Your task
Where a line contains the word "GuestKernel", copy that line from the records below.

Record extracts
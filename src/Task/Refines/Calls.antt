-- ===== src/Task/Refines/Calls.antt =====
-- The signal syscalls and the small task syscalls as moves.
use mathlib.Core.Option
use mcr.Prelude.{
  ℕ, ◌≡◌, refl, Option, none, some, inl, inr, arith, bit_and, bit_or, ap, sym, ◌∙◌, ◌==◌, not,
  if◌then◌else◌, Option-cases, Bool-cases,
}
use mcr.Prelude.Bits.{bit_and_assoc, bit_and_comm, bit_and-zero}
use mcr.Sys.Args.{
  not64, linux_kernel_sigset_size, RtSigactionSyscallArgs, RtSigprocmaskSyscallArgs, supported_how,
}
use mcr.Task.Process.{GuestSignalAction, new_signal_action}
use mcr.Task.State.{GuestKernel, GuestTask}
use mcr.Task.Error.{ok, Result-cases}
use mcr.Task.Kernel.{process, task}
use mcr.Task.Mask.{
  validate_signal, unblockable_signal_mask, sanitize_signal_mask, masked, apply_task_signal_mask,
}
use mcr.Task.Signal.{
  rt_sigaction_current, rt_sigprocmask_current, rt_sigaction_current_with_action,
  rt_sigprocmask_current_mask, set_task_signal_mask,
}
use mcr.Task.Moves.{MaskOk, Moves, done, Moves-edit_task, Moves-edit_process}

sanitize-MaskOk : (mask : ℕ) → MaskOk (sanitize_signal_mask mask)
unfolding sanitize_signal_mask
sanitize-MaskOk mask =
    bit_and_assoc mask (not64 unblockable_signal_mask) unblockable_signal_mask ∙ bit_and-zero mask

MaskOk-and : (mask other : ℕ) → MaskOk mask → MaskOk (bit_and mask other)
MaskOk-and mask other h =
    ap (λ m. bit_and m unblockable_signal_mask) (bit_and_comm mask other)
    ∙ bit_and_assoc other mask unblockable_signal_mask
    ∙ ap (bit_and other) h
    ∙ bit_and-zero other

-- Whatever `how` and the new set are, a mask without SIGKILL and SIGSTOP that `sigprocmask` changes
-- without an error is again one without them.
pub masked-MaskOk : (how mask old new : ℕ) → masked how mask old ≡ ok new → MaskOk old → MaskOk new
unfolding masked
masked-MaskOk how mask old new e h = ground (
  arith,
  sanitize-MaskOk mask,
  sanitize-MaskOk (bit_or old (sanitize_signal_mask mask)),
  MaskOk-and old (not64 (sanitize_signal_mask mask)),
)

pub rt_sigaction-Moves :
    (tid : ℕ) (args : RtSigactionSyscallArgs) (action : Option GuestSignalAction) (k : GuestKernel)
    → Moves k (rt_sigaction_current_with_action tid args action k).1
unfolding rt_sigaction_current_with_action
rt_sigaction-Moves tid args action k = elim (Option-cases (task k tid)) [
  | inl e ↦ rw (e, rt_sigaction_current_with_action) done
  | inr (t, e) ↦ elim (Result-cases (validate_signal args.sig)) [
    | inr (x, e') ↦ rw (e, e', rt_sigaction_current_with_action) done
    | inl (_, e') ↦ elim (Bool-cases (not (args.sigsetsize == linux_kernel_sigset_size))) [
      | inl s ↦ rw (e, e', s, rt_sigaction_current_with_action) done
      | inr s ↦ elim (Option-cases action) [
        | inl a ↦ rw (e, e', s, a, rt_sigaction_current_with_action) done
        | inr (new, a) ↦ elim (Option-cases (process k t.pid)) [
          | inl p ↦ rw (e, e', s, a, p, rt_sigaction_current_with_action) done
          | inr (x, p) ↦
              rw (e, e', s, a, p, rt_sigaction_current_with_action)
                (Moves-edit_process done t.pid _
                  (λ y. record { pid = refl; parent = refl; children = refl }))
        ]
      ]
    ]
  ]
]

pub set_task_signal_mask-Moves :
    (tid mask : ℕ) (k : GuestKernel) → Moves k (set_task_signal_mask tid mask k).1
unfolding set_task_signal_mask
set_task_signal_mask-Moves tid mask k = elim (Option-cases (task k tid)) [
  | inl e ↦ rw (e, set_task_signal_mask) done
  | inr (t, e) ↦
      rw (e, set_task_signal_mask)
        (Moves-edit_task done tid _ (λ x _. record {
          tid = refl;
          pid = refl;
          state = refl;
          mask = λ _. sanitize-MaskOk mask;
        }))
]

pub rt_sigprocmask-Moves :
    (tid how : ℕ) (signal_mask : Option ℕ) (size : ℕ) (k : GuestKernel)
    → Moves k (rt_sigprocmask_current_mask tid how signal_mask size k).1
unfolding rt_sigprocmask_current_mask apply_task_signal_mask
rt_sigprocmask-Moves tid how signal_mask size k = elim (Option-cases (task k tid)) [
  | inl e ↦ rw (e, rt_sigprocmask_current_mask) done
  | inr (t, e) ↦ elim (Bool-cases (not (size == linux_kernel_sigset_size))) [
    | inl s ↦ rw (e, s, rt_sigprocmask_current_mask) done
    | inr s ↦ elim (Bool-cases (not (supported_how how))) [
      | inl h ↦ rw (e, s, h, rt_sigprocmask_current_mask) done
      | inr h ↦ elim (Option-cases signal_mask) [
        | inl m ↦ rw (e, s, h, m, rt_sigprocmask_current_mask) done
        | inr (mask, m) ↦ elim (Result-cases (masked how mask t.signal_mask)) [
          | inr (x, a) ↦ rw (e, s, h, m, a, rt_sigprocmask_current_mask) done
          | inl (new, a) ↦
              rw (e, s, h, m, a, rt_sigprocmask_current_mask)
                (Moves-edit_task done tid _ (λ x found. record {
                  tid = refl;
                  pid = refl;
                  state = refl;
                  mask = λ ok_mask.
                      masked-MaskOk how mask x.signal_mask new
                        (ap
                            (λ o.
                              masked how mask
                                (Option.get_or (Option.map (λ (y : GuestTask). y.signal_mask) o) 0))
                            (sym found ∙ e)
                          ∙ a)
                        ok_mask;
                }))
        ]
      ]
    ]
  ]
]

pub rt_sigaction_current-Moves :
    (tid : ℕ) (args : RtSigactionSyscallArgs) (k : GuestKernel)
    → Moves k (rt_sigaction_current tid args k).1
unfolding rt_sigaction_current
rt_sigaction_current-Moves tid args k =
    rt_sigaction-Moves tid args (if args.act == 0 then none else some (new_signal_action args.act))
      k

pub rt_sigprocmask_current-Moves :
    (tid : ℕ) (args : RtSigprocmaskSyscallArgs) (k : GuestKernel)
    → Moves k (rt_sigprocmask_current tid args k).1
unfolding rt_sigprocmask_current
rt_sigprocmask_current-Moves tid args k =
    rt_sigprocmask-Moves tid args.how (if args.set == 0 then none else some args.set)
      args.sigsetsize k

Solved problem
use mcr.Task.State.{GuestKernel, GuestTask}
    (tid : ℕ) (args : RtSigactionSyscallArgs) (action : Option GuestSignalAction) (k : GuestKernel)
    (tid mask : ℕ) (k : GuestKernel) → Moves k (set_task_signal_mask tid mask k).1
    (tid how : ℕ) (signal_mask : Option ℕ) (size : ℕ) (k : GuestKernel)
    (tid : ℕ) (args : RtSigactionSyscallArgs) (k : GuestKernel)
    (tid : ℕ) (args : RtSigprocmaskSyscallArgs) (k : GuestKernel)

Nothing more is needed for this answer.